[Excerpts from a dataset]
§ §

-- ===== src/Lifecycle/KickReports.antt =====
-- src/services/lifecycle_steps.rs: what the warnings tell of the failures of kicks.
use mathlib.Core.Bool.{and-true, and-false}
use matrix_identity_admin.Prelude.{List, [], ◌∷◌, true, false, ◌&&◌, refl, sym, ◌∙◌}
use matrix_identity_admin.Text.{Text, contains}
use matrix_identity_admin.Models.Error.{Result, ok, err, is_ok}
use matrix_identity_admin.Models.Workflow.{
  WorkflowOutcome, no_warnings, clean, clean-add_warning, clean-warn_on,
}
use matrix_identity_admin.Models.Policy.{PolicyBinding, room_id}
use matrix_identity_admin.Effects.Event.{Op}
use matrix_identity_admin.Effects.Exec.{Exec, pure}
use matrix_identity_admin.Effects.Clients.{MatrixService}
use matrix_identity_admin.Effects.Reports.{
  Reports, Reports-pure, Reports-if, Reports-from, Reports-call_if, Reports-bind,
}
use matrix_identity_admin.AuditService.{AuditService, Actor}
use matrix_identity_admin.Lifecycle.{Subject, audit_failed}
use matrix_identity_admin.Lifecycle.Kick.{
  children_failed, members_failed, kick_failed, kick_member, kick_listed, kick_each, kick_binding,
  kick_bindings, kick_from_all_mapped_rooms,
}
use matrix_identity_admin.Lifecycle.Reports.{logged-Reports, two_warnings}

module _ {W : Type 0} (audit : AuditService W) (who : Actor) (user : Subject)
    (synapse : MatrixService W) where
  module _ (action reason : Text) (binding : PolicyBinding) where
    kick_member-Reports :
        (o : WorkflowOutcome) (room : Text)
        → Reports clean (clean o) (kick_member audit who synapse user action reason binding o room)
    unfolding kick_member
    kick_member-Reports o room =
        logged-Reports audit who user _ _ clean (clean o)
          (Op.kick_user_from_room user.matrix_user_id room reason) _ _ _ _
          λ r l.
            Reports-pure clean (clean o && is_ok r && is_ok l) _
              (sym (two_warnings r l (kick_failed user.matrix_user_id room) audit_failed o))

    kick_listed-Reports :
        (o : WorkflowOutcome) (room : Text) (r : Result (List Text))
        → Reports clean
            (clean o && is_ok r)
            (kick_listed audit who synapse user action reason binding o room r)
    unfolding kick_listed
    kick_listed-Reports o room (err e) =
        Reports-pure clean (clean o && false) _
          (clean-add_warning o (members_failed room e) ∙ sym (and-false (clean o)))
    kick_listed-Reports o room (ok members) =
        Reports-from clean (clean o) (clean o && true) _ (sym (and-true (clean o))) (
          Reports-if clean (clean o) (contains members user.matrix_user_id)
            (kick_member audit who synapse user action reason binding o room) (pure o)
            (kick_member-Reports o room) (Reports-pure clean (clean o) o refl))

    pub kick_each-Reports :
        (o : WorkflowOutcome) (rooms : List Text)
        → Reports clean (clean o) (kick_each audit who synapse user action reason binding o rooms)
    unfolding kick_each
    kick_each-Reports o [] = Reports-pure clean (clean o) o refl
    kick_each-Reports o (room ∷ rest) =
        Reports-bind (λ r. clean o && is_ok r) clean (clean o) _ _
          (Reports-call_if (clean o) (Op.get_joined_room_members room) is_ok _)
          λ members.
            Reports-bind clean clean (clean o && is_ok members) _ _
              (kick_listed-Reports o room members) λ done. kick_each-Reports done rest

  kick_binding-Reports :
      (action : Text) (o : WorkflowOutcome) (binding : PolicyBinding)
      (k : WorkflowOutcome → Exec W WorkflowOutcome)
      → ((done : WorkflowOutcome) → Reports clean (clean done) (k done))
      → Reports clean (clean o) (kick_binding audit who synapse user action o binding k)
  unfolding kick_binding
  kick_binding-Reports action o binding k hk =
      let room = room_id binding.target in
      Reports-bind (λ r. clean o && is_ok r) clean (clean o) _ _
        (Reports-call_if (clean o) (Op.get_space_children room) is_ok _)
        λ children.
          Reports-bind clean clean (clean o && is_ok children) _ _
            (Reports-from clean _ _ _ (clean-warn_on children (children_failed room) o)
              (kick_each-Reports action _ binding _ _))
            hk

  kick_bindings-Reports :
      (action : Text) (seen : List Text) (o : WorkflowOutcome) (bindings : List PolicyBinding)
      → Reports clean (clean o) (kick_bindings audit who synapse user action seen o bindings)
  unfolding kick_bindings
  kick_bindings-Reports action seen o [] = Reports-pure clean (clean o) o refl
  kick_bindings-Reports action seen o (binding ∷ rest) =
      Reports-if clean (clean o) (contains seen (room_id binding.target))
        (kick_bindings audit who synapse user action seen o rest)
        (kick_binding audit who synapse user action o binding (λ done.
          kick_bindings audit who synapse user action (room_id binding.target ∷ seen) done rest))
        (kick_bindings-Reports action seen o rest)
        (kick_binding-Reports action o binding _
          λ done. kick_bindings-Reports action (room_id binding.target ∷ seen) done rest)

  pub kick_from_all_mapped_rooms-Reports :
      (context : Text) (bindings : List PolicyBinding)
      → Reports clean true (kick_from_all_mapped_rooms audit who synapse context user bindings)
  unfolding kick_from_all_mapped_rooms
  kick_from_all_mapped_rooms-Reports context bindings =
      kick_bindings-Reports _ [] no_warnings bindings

§ §

• THE TASK
Determine the number of lines in the data above that include the word "synapse", then answer with that number alone.

• OUTPUT FOR THIS EXERCISE
11